Somewhere between 3,000 and 8,000 people were imprisoned and killed at a 17th Century convent. Many were White Army officers and sailors from the Kronstadt naval fortress near Finland who had rebelled against the Bolsheviks. But others had nothing to do with the military. Some were clergy, some were ordinary people who for some reason had been labelled "counter-revolutionaries".

At Kholmogory, where much of the convent is now held up by scaffolding and wrapped in corrugated iron, I met Elena, a parishioner who sings in the convent choir. She says people in the area sometimes find skulls when they dig pits to store potatoes over the winter.

Elena says the priest and volunteers collected some human remains in sacks and buried them under a marble cross on one side of the Cathedral of the Transfiguration. Each year they sing a requiem for those who died.

It's hard to pinpoint but there is an oppressive atmosphere which clings to this place, like the cold to the refectory walls when Elena invites us inside for a cup of tea.

Locals use the path through the garden as a shortcut across the town but Elena says few know - or care - about Kholmogory's terrible history.

Does she believe the Allied Intervention was the catalyst for Russia's devastating civil war, as Lenin and others have often claimed?

"I remember in my childhood hearing stories from my granny," she says. "I was a Young Pioneer and I told her the Reds were good and the Whites were bad and the Intervention troops were bad. And my granny said 'What are you talking about?

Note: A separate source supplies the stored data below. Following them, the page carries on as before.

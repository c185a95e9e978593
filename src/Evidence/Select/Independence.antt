-- ===== src/Evidence/Select/Independence.antt =====
-- The selected observations are independent: no source and no evidence hash is used twice.
use fireviewer_backend.Evidence.Select.{
  BySource, Matched, Search, augment, augment_all, before_by_id, before_in_policy, group,
  maximum_independent_set, put_match, values,
}
use fireviewer_backend.Evidence.Select.Grouping.{grouped-IsKeyed, grouped_rows, keys}
use fireviewer_backend.Evidence.Select.Keeps.{augment_all-keeps}
use fireviewer_backend.Evidence.Select.Step.{IsGrouped, Serves-augment, held, is_source}
use fireviewer_backend.Incident.Rows.{Observation}
use fireviewer_backend.Prelude.{
  All, All-sorted, All-of, Bool, Bool-cases, List, String, [], ap, arith, eq_iff, false,
  if◌then◌else◌, inl, inr, leb, length, max, refl, sorted, str_eq, suc, sym, tally, tally-sorted,
  true, ℕ, ◌+◌, ◌==◌, ◌∷◌, ◌≡◌, ◌≤◌,
}

-- In a matching each hash stands once, with an observation of that hash.
record IsMatching (m : Matched) : Type 0 where
  hashes : All (λ entry. entry.1.evidence_hash ≡ entry.0) m
  once : (h : String) → tally (λ (entry : String × Observation). str_eq entry.0 h) m ≤ 1

put_match-hashes :
    (o : Observation) (m : Matched)
    → All (λ (entry : String × Observation). entry.1.evidence_hash ≡ entry.0) m
    → All
        (λ (entry : String × Observation). entry.1.evidence_hash ≡ entry.0)
        (put_match o.evidence_hash o m)
unfolding put_match
put_match-hashes o [] h = (refl, tt)
put_match-hashes o ((k, c) ∷ rest) h = elim (Bool-cases (str_eq k o.evidence_hash)) [
  | inl e ↦ rw e (sym ((eq_iff k o.evidence_hash).0 e), h.1)
  | inr e ↦ rw e (h.0, put_match-hashes o rest h.1)
]

tally-put_match :
    (h : String) (o : Observation) (m : Matched)
    → tally (λ (entry : String × Observation). str_eq entry.0 h) (put_match o.evidence_hash o m) ≡ (
        if str_eq o.evidence_hash h
        then max 1 (tally (λ (entry : String × Observation). str_eq entry.0 h) m)
        else tally (λ (entry : String × Observation). str_eq entry.0 h) m)
unfolding tally put_match
tally-put_match h o [] = ground arith
tally-put_match h o ((k, c) ∷ rest) = ground (
  arith,
  eq_iff k o.evidence_hash,
  eq_iff k h,
  eq_iff o.evidence_hash h,
  tally-put_match h o rest,
)

put_match-IsMatching :
    (o : Observation) (m : Matched) → IsMatching m → IsMatching (put_match o.evidence_hash o m)
put_match-IsMatching o m a = record {
  hashes = put_match-hashes o m a.hashes;
  once = λ h. ground (arith, a.once h, tally-put_match h o m);
}

tally_hash-values :
    (h : String) (m : Matched)
    → All (λ (entry : String × Observation). entry.1.evidence_hash ≡ entry.0) m
    → tally (λ o. str_eq o.evidence_hash h) (values m)
      ≡ tally (λ (entry : String × Observation). str_eq entry.0 h) m
unfolding tally
tally_hash-values h [] a = refl
tally_hash-values h ((k, o) ∷ rest) a =
    rw a.0 (ap (λ n. (if str_eq k h then 1 else 0) + n) (tally_hash-values h rest a.1))

held-values : (s : ℕ) (m : Matched) → tally (is_source s) (values m) ≡ held s m
unfolding tally held
held-values s [] = refl
held-values s ((k, o) ∷ rest) = ground (arith, held-values s rest)

-- Each source is tried once, so it comes to hold one hash at most.
held-augment_all :
    (by_source : BySource) (fuel : ℕ) (s : ℕ) (sources : List ℕ) (m : Matched)
    → IsGrouped by_source
    → held s (augment_all by_source fuel sources m) ≤ held s m + tally (λ k. k == s) sources
unfolding augment_all tally
held-augment_all by_source fuel s [] m g = omega arith
held-augment_all by_source fuel s (k ∷ rest) m g =
    let start : Search = record { visited = []; matched = m } in
    let r = augment by_source fuel k start in
    ground (
      arith,
      (Serves-augment by_source g fuel k start).counted s,
      held-augment_all by_source fuel s rest r.1.matched g,
    )

module _ (os : List Observation) where
  abbrev by_source : BySource
  by_source = group (sorted before_in_policy os) []

  abbrev found : Matched
  found = augment_all by_source (suc (length os)) (sorted leb (keys by_source)) []

  grouped : IsGrouped by_source
  grouped =
      grouped_rows (λ s o. o.source_id ≡ s) (sorted before_in_policy os)
        (All-of (λ (o : Observation). o.source_id ≡ o.source_id) _ (λ o. refl))

  found-IsMatching : IsMatching found
  found-IsMatching =
      augment_all-keeps IsMatching (λ o. Unit {0}) (λ o m _ h. put_match-IsMatching o m h) by_source
        (λ s. All-of (λ o. Unit {0}) _ (λ o. tt)) (suc (length os)) (sorted leb (keys by_source)) []
        (record { hashes = tt; once = λ h. unfold tally in omega arith })

  -- No source is selected twice, and no evidence hash is.
  pub maximum_independent_set-independent :
      ((s : ℕ) → tally (is_source s) (maximum_independent_set os) ≤ 1)
      × ((h : String) → tally (λ o. str_eq o.evidence_hash h) (maximum_independent_set os) ≤ 1)
  unfolding maximum_independent_set held tally
  maximum_independent_set-independent = (
    λ s. omega (
      arith,
      tally-sorted before_by_id (is_source s) (values found),
      held-values s found,
      held-augment_all by_source (suc (length os)) s (sorted leb (keys by_source)) [] grouped,
      tally-sorted leb (λ k. k == s) (keys by_source),
      (grouped-IsKeyed (sorted before_in_policy os)).once s,
    ),
    λ h. omega (
      arith,
      tally-sorted before_by_id (λ o. str_eq o.evidence_hash h) (values found),
      tally_hash-values h found found-IsMatching.hashes,
      found-IsMatching.once h,
    ),
  )

  values-put_match :
      (P : Observation → Type 0) (o : Observation) (m : Matched)
      → P o
      → All P (values m)
      → All P (values (put_match o.evidence_hash o m))
  unfolding put_match
  values-put_match P o [] p h = (p, tt)
  values-put_match P o ((k, c) ∷ rest) p h =
      pick (str_eq k o.evidence_hash) (values-put_match P o rest p h.1)
    where
      pick :
          (b : Bool)
          → All P (values (put_match o.evidence_hash o rest))
          → All P (values (if b then (k, o) ∷ rest else (k, c) ∷ put_match o.evidence_hash o rest))
      pick true a = (p, h.1)
      pick false a = (h.0, a)

  -- Only given observations are selected: what holds of all of them holds of the selection.
  pub All-maximum_independent_set :
      (P : Observation → Type 0) → All P os → All P (maximum_independent_set os)
  unfolding maximum_independent_set
  All-maximum_independent_set P h = All-sorted P before_by_id (values found) (
      augment_all-keeps (λ m. All P (values m)) P (values-put_match P) by_source
        (grouped_rows (λ s o. P o) (sorted before_in_policy os)
          (All-sorted P before_in_policy os h))
        (suc (length os)) (sorted leb (keys by_source)) [] tt)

The English came to our village, they brought us white flour, they gave the children sweets.' And I said: 'Granny - that is impossible they are our enemies!'"

Elena shakes her head. "They were not our enemies and to say they were responsible for the civil war is wrong. Of course not! We had enough of our own scoundrels without the intervention troops."

Mudyug and Chanel

Image source, Alamy

The radical journalist, Pavel Rasskazov, who documented his ordeal on Mudyug island, describes a French-Russian officer and former businessman from Moscow, a man "of medium height, stout, with a round, flabby face, like a bulldog".

Ernest Beaux was actually a perfumer who concocted scents for the tsar's family - such as the "Bouquet de Napoleon". But in 1918 he was working as a counter-intelligence officer on Mudyug, interrogating Bolsheviks captured by the White Russian and Allied armies.

By the end of the year, Beaux had emigrated to France, where a cousin of Nicholas II introduced him to the couturier, Coco Chanel. He has gone down in history as the man who invented Chanel No5. According to some accounts he wanted to capture the essence of snow melting on black earth and as inspired by his time in the "land of the midnight sun" - the Russian Arctic.